Zen And The Art Of Run Run Shaw

You may not know his name, but the late Run Run Shaw had an indelible effect on kung fu films. The filmmaker died today at age 107.

Bobby Yip / Reuters

WASHINGTON — Legendary Chinese filmmaker and philanthropist Run Run Shaw died Tuesday at the age of 107.

Before The Matrix, before Big Trouble in Little China, and before the Wu-Tang Clan, there was the Shaw Brothers, the predominant Hong Kong movie house for some 40 years that cranked out more than 280 films. From the late 1950s through the 1990s, Shaw’s movie operation dominated Hong Kong and Chinese cinema generally.

He also cast a long shadow over American cinema, influencing a host of modern directors, including Quentin Tarantino and the Wachowskis.

Classic Shaw Brothers movies — eight of which can be found below — span a mix of epic musicals, psychedelic gore, exploitation, and cutting-edge science fiction.

3. Madame White Snake (1962)

Though predominantly known for their Kung Fu movies, the Shaw Brothers produced a wide variety of films spanning virtually every genre. This 1962 production is a classic example of the company’s epic musical takes on traditional Chinese mythology, and tells the tale of a tragic love affair between a mystical snake and a human man.

4. Come Drink With Me (1966)

While Western movie makers were busy keeping women stuck in stereotypical roles, Hong Kong’s directors were going in an opposite direction, mining Chinese mythology for action heroines and villains. Come Drink With Me is one of the Shaw Brothers’ early films to feature a strong female lead. The movie also has some of the best fight choreography ever, and is a classic example of the Shaws’ ability to mix comedy, drama, and action into one movie.

5. The Crippled Avengers (1978)

If you can envision an exploitation genre, the Shaw Brothers did it. Take The Crippled Avengers, a 1978 classic that features the Deadly Venoms as five disabled Kung Fu masters — one blind, one legless, one without arms, one mentally disabled, and one deaf and mute. Almost certainly offensive by modern standards, The Crippled Avengers remains one of the only cinematic representations of the disabled as action heroes with serious ass-kicking chops.

6. Blade Runner (1982)

Yes, that Blade Runner. Run Run Shaw was a producer on Ridley Scott’s 1982 science fiction masterpiece. What, you thought Hollywood could come up with this kind of mind blowing amazing without some help from Hong Kong?

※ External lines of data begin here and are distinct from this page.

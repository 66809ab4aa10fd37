-- ===== src/Cameras/Server.antt =====
-- The cameras' TCP server: `DualCameraServer` of 队列管理/src/core/camera_server.py.
-- A socket is a number, and what the operating system answers is an argument. A channel has, with its
-- `CameraClientState`, its listening socket, the socket that its receiver thread reads (none where
-- there is no such thread), the sockets that were closed and the payloads that went out.
use model_lib.Prelude.{
  ℕ, Bool, true, false, ◌&&◌, ◌||◌, List, [], ◌∷◌, ◌++◌, map, Option, none, some, leb, ◌==◌,
  if◌then◌else◌, length,
}
use model_lib.Text.{Bytes, bytes_eq}
use model_lib.Text.Strip.{strip_by}
use model_lib.Parser.Counts.{upper_char}
use model_lib.Arms.Link.{opt_list}

pub record Channel : Type 0 where
  pub client_socket : Option ℕ
  pub address : Option Bytes
  pub connected : Bool
  pub server : Option ℕ
  pub reading : Option ℕ
  pub closed : List ℕ
  pub sent : List (ℕ × Bytes)

pub data CameraKey : Type 0 where
  camera_2d camera_3d : CameraKey

pub record CameraServer : Type 0 where
  pub channel_2d : Channel
  pub channel_3d : Channel
  pub camera3d_enabled : Bool
  pub running : Bool

abbrev pub new_channel : Channel
new_channel = record {
  client_socket = none;
  address = none;
  connected = false;
  server = none;
  reading = none;
  closed = [];
  sent = [];
}

abbrev pub new_camera_server : Bool → CameraServer
new_camera_server camera3d_enabled = record {
  channel_2d = new_channel;
  channel_3d = new_channel;
  camera3d_enabled = camera3d_enabled;
  running = false;
}

-- `_mark_disconnected`
unfoldable pub mark_disconnected : Channel → Channel
mark_disconnected c = record c {
  client_socket = none;
  address = none;
  connected = false;
  closed = opt_list c.client_socket ++ c.closed;
}

-- The body of `_accept_loop` for a client: it takes the place of the one before it, which is closed.
-- A receiver thread that runs already is left alone, so it still reads the socket that it read.
unfoldable pub accept : ℕ → Bytes → Channel → Channel
accept client address c = record c {
  client_socket = some client;
  address = some address;
  connected = true;
  closed = opt_list c.client_socket ++ c.closed;
  reading = elim c.reading [ none ↦ some client | some s ↦ some s ];
}

-- The characters that `_is_heartbeat` strips: `\r`, `\n`, the zero byte and the blank.
unfoldable pub is_filler : ℕ → Bool
is_filler c = (c == 13 || c == 10) || (c == 0 || c == 32)

abbrev pub heartbeat_max_len : ℕ
heartbeat_max_len = 4

unfoldable pub all_zero : Bytes → Bool
all_zero [] = true
all_zero (c ∷ cs) = c == 0 && all_zero cs

abbrev pub is_nil : Bytes → Bool
is_nil [] = true
is_nil (c ∷ cs) = false

unfoldable pub is_heartbeat : Bytes → Bool
unfolding all_zero is_filler strip_by bytes_eq
is_heartbeat data' =
    let stripped = strip_by is_filler data' in
    is_nil data'
    || ((leb (length data') heartbeat_max_len && all_zero data')
        || (is_nil stripped
            || (bytes_eq (map upper_char stripped) (b'H' ∷ []) && length stripped == 1)))

-- What `recv` answers to the receiver thread; no bytes are the end of the stream. A callback that
-- raises is a failure that comes next.
pub data CameraReceived : Type 0 where
  bytes : Bytes → CameraReceived
  failure : CameraReceived

-- The head of the loop: the thread goes on with the socket that the channel has now, or ends.
unfoldable pub next_round : Bool → Channel → Channel
next_round running c = record c {
  reading = if running && c.connected then c.client_socket else none;
}

-- The thread ends after `_mark_disconnected`.
unfoldable pub end_receiver : Channel → Channel
unfolding mark_disconnected
end_receiver c = record (mark_disconnected c) { reading = none }

-- One round of `_recv_loop`, and the data for the callback.
unfoldable pub camera_receive : Bool → CameraReceived → Channel → Channel × Option Bytes
unfolding end_receiver next_round is_heartbeat
camera_receive running failure c = (end_receiver c, none)
camera_receive running (bytes []) c = (end_receiver c, none)
camera_receive running (bytes (b ∷ bs)) c =
    (next_round running c, if is_heartbeat (b ∷ bs) then none else some (b ∷ bs))

-- `works` says whether `sendall` on the socket succeeds.
unfoldable pub send_on : (ℕ → Bool) → Bytes → ℕ → Channel → Channel × Bool
unfolding mark_disconnected
send_on works payload s c =
    if works s
    then (record c { sent = c.sent ++ (s, payload) ∷ [] }, true)
    else (mark_disconnected c, false)

unfoldable pub send_to_camera : (ℕ → Bool) → Bytes → Channel → Channel × Bool
unfolding send_on
send_to_camera works [] c = (c, false)
send_to_camera works (b ∷ bs) c = elim c.client_socket [
  | none ↦ (c, false)
  | some s ↦ if c.connected then send_on works (b ∷ bs) s c else (c, false)
]

-- What `stop` does with one channel.
unfoldable pub stop_channel : Channel → Channel
unfolding mark_disconnected
stop_channel c =
    let d = mark_disconnected c in
    record d { server = none; closed = opt_list d.server ++ d.closed }

unfoldable pub stop_server : CameraServer → CameraServer
unfolding stop_channel
stop_server s = record s {
  running = false;
  channel_2d = stop_channel s.channel_2d;
  channel_3d = stop_channel s.channel_3d;
}

abbrev pub with_2d : Option ℕ → CameraServer → CameraServer
with_2d server s = record s { channel_2d = record s.channel_2d { server = server } }

abbrev pub with_3d : Option ℕ → CameraServer → CameraServer
with_3d server s = record s { channel_3d = record s.channel_3d { server = server } }

-- The second half of `start`.
unfoldable pub start_3d : Option ℕ → CameraServer → CameraServer × Bool
unfolding stop_server
start_3d none s = if s.camera3d_enabled then (stop_server s, false) else (s, true)
start_3d (some b) s = if s.camera3d_enabled then (with_3d (some b) s, true) else (s, true)

unfoldable pub start_2d : Option ℕ → Option ℕ → CameraServer → CameraServer × Bool
unfolding stop_server start_3d
start_2d none bound_3d s = (stop_server s, false)
start_2d (some a) bound_3d s = start_3d bound_3d (with_2d (some a) s)

-- The arguments are the listening sockets, or none where creating or binding one raises.
unfoldable pub start_server : Option ℕ → Option ℕ → CameraServer → CameraServer × Bool
unfolding start_2d
start_server bound_2d bound_3d s =
    if s.running then (s, true) else start_2d bound_2d bound_3d (record s { running = true })

-- `get_status`: the channels that are reported, and whether they are connected.
unfoldable pub get_status : CameraServer → List (CameraKey × Bool × Option Bytes)
get_status s =
    let first : CameraKey × Bool × Option Bytes =
      (camera_2d, s.channel_2d.connected, s.channel_2d.address) in
    let second : CameraKey × Bool × Option Bytes =
      (camera_3d, s.channel_3d.connected, s.channel_3d.address) in
    if s.camera3d_enabled then first ∷ second ∷ [] else first ∷ []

7. The One Armed Swordsman (1967)

This early Shaw Brothers epic follows the exploits of a “swashbuckling” one-armed Kung Fu master and is many ways grand-daddy of the Hong Kong Kung Fu genre thanks to its over the top fight scenes and heavy emphasis on themes like honor and loyalty. Much of the Shaw Brothers’ catalogue — and their many imitators — would mirror The One Armed Swordsman’s style.

8. The Boxer’s Omen (1983)

The Shaw Brothers weren’t just about Kung Fu and period pieces. In the late 70s and early 80s HK cinema became obsessed with horror, and the Shaw’s adapted, combining the signature martial arts movie making with over the top psychedelic gore. 1983’s The Boxer’s Omen is a classic of the HK horror genre.

9. The Five Deadly Venoms (1978)

The Five Deadly Venoms is considered to be one of the Shaw Brothers’ greatest movies and is a classic of the team-up style of action movie. The film’s music and dialogue have been heavily sampled by The Wu Tang Clan and other hip-hop artists.

10. The 36th Chamber of Shaolin (1978)

Perhaps the greatest Kung Fu movie ever made, The 36th Chamber of Shaolin perfected the “training” movie subgenre, in which the lead character must endure torturous — and more often than not preposterous — training regiments at the hands of an uncaring master, none of which seems to have anything to do with martial arts. Without The 36th Chamber of Shaolin, there’d never have been a Karate Kid.

The movie is also a great example of the Shaw Brothers’ penchant for adapting Chinese history for the big screen, telling the stories of the nation’s early years through the lens of martial arts and Buddhist or Taoist philosophies.